[BUG] Error revoking grants when database name contains underscore #18
Description
Description
When trying to manage a MySQL account through Saltstack, the creation/grants process works without issues, but when trying to revoke the added grants, it fails to properly revoke them.
Setup
- Debian 12
- MySQL 8.0.30 Community Server
Master with a handful of minions connected.
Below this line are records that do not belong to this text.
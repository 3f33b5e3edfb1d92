-- ===== src/Future/Install/Delivered.antt =====
-- include/future/future.hpp and src/future.cpp: what one stage of a chain leaves in the
-- next state.
use mathlib.Core.Option.{some-injective}
use rpcxx.Prelude.{
  ℕ, zero, suc, ◌≤◌, ◌<◌, ◌≡◌, ◌≢◌, refl, sym, ap, ◌∙◌, Bool, true, false, Option, none, some, List,
  [], ◌∷◌, get_elem?, get_elem?-set_ne, length, length-set, Bool-cases, ==_iff, ◌==◌, ◌⊎◌, inl, inr,
  arith,
}
use rpcxx.Json.Access.{Result, ok, throw}
use rpcxx.Future.Cell.{Cell, notify_forward, fulfil}
use rpcxx.Future.Chain.{
  Returned, returned, returned_future, raised, World, put, fulfil_found, fulfil_at, fulfil_chain,
  splice, splice_found, go_on, finish, set_result, notify, continue_chain,
}
use rpcxx.Future.Install.Linked.{
  cell_of, Has, Has-put, Has-put_ne, Stage, notify_of, Linked, Linked-put, Linked-fulfil,
  continue_chain-claimed,
}

-- `base` parts the numbers of the states: those of the chain are not below it, and a future that a
-- function returns is one below it, which has the result that `futures` tells.
module _ {ℓ} {A : Type ℓ} (call : ℕ → Result A → Returned A) (last_throws : ℕ → Result A → Bool)
    (base : ℕ) (futures : ℕ → Result A) where
  unfoldable pub result_of : Returned A → Result A
  result_of (returned a) = ok a
  result_of (raised e) = throw e
  result_of (returned_future p) = futures p

  -- Then passes an exception by the function, Try gives it to the function.
  unfoldable pub after : Stage → Result A → Result A
  unfolding result_of
  after (true, f) (throw e) = throw e
  after (true, f) (ok a) = result_of (call f (ok a))
  after (false, f) r = result_of (call f r)

  unfoldable pub results : List Stage → Result A → Result A
  unfolding after
  results [] r = r
  results (s ∷ ss) r = results ss (after s r)

  unfoldable pub IsReady : World A → Type ℓ
  IsReady w = (p : ℕ) → p < base → (ch : Option ℕ) × Has p (some (futures p)) none ch w

  pub IsReady-put : (w : World A) (e : ℕ) (c : Cell A) → base ≤ e → IsReady w → IsReady (put e c w)
  unfolding IsReady
  IsReady-put w e c le h p lt = ((h p lt).0, Has-put_ne p e c w (λ q. omega arith) (h p lt).1)

  IsReady-put_self :
      (w : World A) (ch : Option ℕ) (t : Bool) (q p : ℕ) (old : Cell A)
      → get_elem? w.cells p ≡ some old
      → ((e : ℕ) → e < base → e ≢ p → (ch : Option ℕ) × Has e (some (futures e)) none ch w)
      → IsReady (put p (cell_of (some (futures p)) none ch t q) w)
  unfolding IsReady
  IsReady-put_self w ch t q p old e h x lt = elim (Bool-cases (x == p)) [
    | inl same ↦ let eq = (==_iff x p).0 same in rw eq (ch, Has-put p t q w old e)
    | inr ne ↦
        let other = h x lt (λ z. ground arith) in
        (other.0, Has-put_ne x p _ w (λ z. ground arith) other.1)
  ]

  -- What a drive from state `d` leaves of the world.
  unfoldable pub Same : ℕ → World A → World A → Type ℓ
  Same d w v =
      (length v.cells ≡ length w.cells)
      × ((e : ℕ) → base ≤ e → e < d → get_elem? v.cells e ≡ get_elem? w.cells e)

  pub Same-put : (w : World A) (d e : ℕ) (c : Cell A) → (e < base) ⊎ (d ≤ e) → Same d w (put e c w)
  unfolding Same put
  Same-put w d e c far =
      (length-set w.cells e c, λ x le lt. get_elem?-set_ne w.cells c (apart x le lt far))
    where
      apart : (x : ℕ) → base ≤ x → x < d → (e < base) ⊎ (d ≤ e) → e ≢ x
      apart x le lt (inl h) z = omega arith
      apart x le lt (inr h) z = omega arith

  pub Same-trans : (d e : ℕ) (u v w : World A) → d ≤ e → Same d u v → Same e v w → Same d u w
  unfolding Same
  Same-trans d e u v w le a b = (b.0 ∙ a.0, λ x lo hi. b.1 x lo (omega arith) ∙ a.1 x lo hi)

  Same-fulfil : (w : World A) (d : ℕ) (r : Result A) → Same d w (fulfil_at d r w).1
  unfolding fulfil_at fulfil_found Same
  Same-fulfil w d r = by_found (get_elem? w.cells d)
    where
      by_found : (o : Option (Cell A)) → Same d w (fulfil_found o d r w).1
      by_found none = (refl, λ x le lt. refl)
      by_found (some c) = Same-put w d d (fulfil r c).1 (inr (omega arith))

  pub IsReady-fulfil :
      (w : World A) (d : ℕ) (r : Result A) → base ≤ d → IsReady w → IsReady (fulfil_at d r w).1
  unfolding fulfil_at fulfil_found
  IsReady-fulfil w d r le h = by_found (get_elem? w.cells d)
    where
      by_found : (o : Option (Cell A)) → IsReady (fulfil_found o d r w).1
      by_found none = h
      by_found (some c) = IsReady-put w d (fulfil r c).1 le h

  -- The next state has the result that the stage gives, and is driven: `v` is the world with it, or
  -- the world that driving it gave.
  pub record Delivers (last next : ℕ) (r : Result A) (ss : List Stage) (w v : World A)
      : Type ℓ where
    pub mid : World A
    pub mid_linked : Linked last mid (some r) ss next
    pub mid_ready : IsReady mid
    pub mid_same : Same next w mid
    pub driven :
        (mid ≡ v) ⊎ ((fuel : ℕ) × (continue_chain call last_throws fuel (some next) mid ≡ some v))

  deliver :
      {last next : ℕ} {ss : List Stage} (fuel : ℕ) (r : Result A) (w v : World A)
      → base ≤ next
      → IsReady w
      → Linked last w none ss next
      → continue_chain call last_throws fuel none (fulfil_at next r w).1 ≡ some v
      → Delivers last next r ss w v
  unfolding continue_chain
  deliver {next = next} fuel r w v le h l e = record {
    mid = _;
    mid_linked = Linked-fulfil r w l;
    mid_ready = IsReady-fulfil w next r le h;
    mid_same = Same-fulfil w next r;
    driven = inl (some-injective _ v e);
  }

  splice-put :
      (p : ℕ) {r : Result A} {t : Bool} {q : ℕ} {old_chain : Option ℕ} (w : World A)
      (chain : Option ℕ)
      → get_elem? w.cells p ≡ some (cell_of (some r) none old_chain t q)
      → splice p chain w ≡ put p (cell_of (some r) (some notify_forward) chain t q) w
  unfolding splice splice_found
  splice-put p w chain e = rw e refl

  -- A future that was returned forwards its result when it is driven.
  deliver_forward :
      {last next p : ℕ} {ss : List Stage} (fuel : ℕ) (w w1 v : World A)
      → p < base
      → base ≤ next
      → ((e : ℕ) → e < base → e ≢ p → (ch : Option ℕ) × Has e (some (futures e)) none ch w1)
      → Linked last w1 none ss next
      → Same next w w1
      → Has p (some (futures p)) (some notify_forward) (some next) w1
      → continue_chain call last_throws (suc fuel) (some p) w1 ≡ some v
      → Delivers last next (futures p) ss w v
  deliver_forward {next = next} {p = p} fuel w w1 v lt le rest l same h e =
      let c = cell_of (some (futures p)) none (some next) h.taken h.owners in
      let w2 = put p c w1 in
      let ready = IsReady-put_self w1 (some next) h.taken h.owners p _ h.found rest in
      record {
        mid = (fulfil_at next (futures p) w2).1;
        mid_linked = Linked-fulfil (futures p) w2 (Linked-put w1 p c (omega arith) l);
        mid_ready = IsReady-fulfil w2 next (futures p) le ready;
        mid_same =
            Same-trans next next w w2 _ (omega arith)
              (Same-trans next next w w1 w2 (omega arith) same (Same-put w1 next p c (inl lt)))
              (Same-fulfil w2 next (futures p));
        driven = inr (
          fuel,
          (unfold notify fulfil_chain go_on continue_chain in
              sym (continue_chain-claimed call last_throws fuel w1 h) ∙ e),
        );
      }

  deliver_spliced :
      {last next p : ℕ} {ss : List Stage} (fuel : ℕ) (w v : World A)
      → p < base
      → base ≤ next
      → IsReady w
      → Linked last w none ss next
      → continue_chain call last_throws fuel (some p) (splice p (some next) w) ≡ some v
      → Delivers last next (futures p) ss w v
  unfolding continue_chain splice splice_found IsReady
  deliver_spliced zero w v lt le h l e = absurd cc
  deliver_spliced {last = last} {next = next} {p = p} {ss = ss} (suc fuel) w v lt le h l e =
      let had = (h p lt).1 in
      let c : Cell A =
        cell_of (some (futures p)) (some notify_forward) (some next) had.taken had.owners in
      deliver_forward fuel w (put p c w) v lt le
        (λ x lx ne. let other = h x lx in (other.0, Has-put_ne x p c w (λ z. ne (sym z)) other.1))
        (Linked-put w p c (omega arith) l) (Same-put w next p c (inl lt))
        (Has-put p had.taken had.owners w _ had.found)
        (ap (λ x. continue_chain call last_throws (suc fuel) (some p) x)
            (sym (splice-put p w (some next) had.found))
          ∙ e)

  deliver_finish :
      {last next : ℕ} {ss : List Stage} (fuel : ℕ) (o : Returned A) (w v : World A)
      → ((p : ℕ) → o ≡ returned_future p → p < base)
      → base ≤ next
      → IsReady w
      → Linked last w none ss next
      → continue_chain call last_throws fuel
          (finish call last_throws o (some next) w).0
          (finish call last_throws o (some next) w).1
        ≡ some v
      → Delivers last next (result_of o) ss w v
  unfolding finish fulfil_chain result_of
  deliver_finish fuel (returned a) w v below le h l e = deliver fuel (ok a) w v le h l e
  deliver_finish fuel (raised x) w v below le h l e = deliver fuel (throw x) w v le h l e
  deliver_finish fuel (returned_future p) w v below le h l e =
      deliver_spliced fuel w v (below p refl) le h l e

  pub deliver_stage :
      {last next : ℕ} {ss : List Stage} (fuel : ℕ) (s : Stage) (r : Result A) (w v : World A)
      → ((f : ℕ) (q : Result A) (p : ℕ) → call f q ≡ returned_future p → p < base)
      → base ≤ next
      → IsReady w
      → Linked last w none ss next
      → continue_chain call last_throws fuel
          (notify call last_throws (notify_of s) (some next) r w).0
          (notify call last_throws (notify_of s) (some next) r w).1
        ≡ some v
      → Delivers last next (after s r) ss w v
  unfolding notify set_result after fulfil_chain
  deliver_stage fuel (true, f) (throw x) w v below le h l e = deliver fuel (throw x) w v le h l e
  deliver_stage fuel (true, f) (ok a) w v below le h l e =
      deliver_finish fuel (call f (ok a)) w v (below f (ok a)) le h l e
  deliver_stage fuel (false, f) r w v below le h l e =
      deliver_finish fuel (call f r) w v (below f r) le h l e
All states work perfectly fine, including this one when there is no need to run such revoke (other revokes to databases without _ work fine too).
Please be as specific as possible and give set-up details.
- on-prem machine
- VM (Virtualbox, KVM, etc. please specify)
- VM running on a cloud service, please be explicit and add details
- container (Kubernetes, Docker, containerd, etc. please specify)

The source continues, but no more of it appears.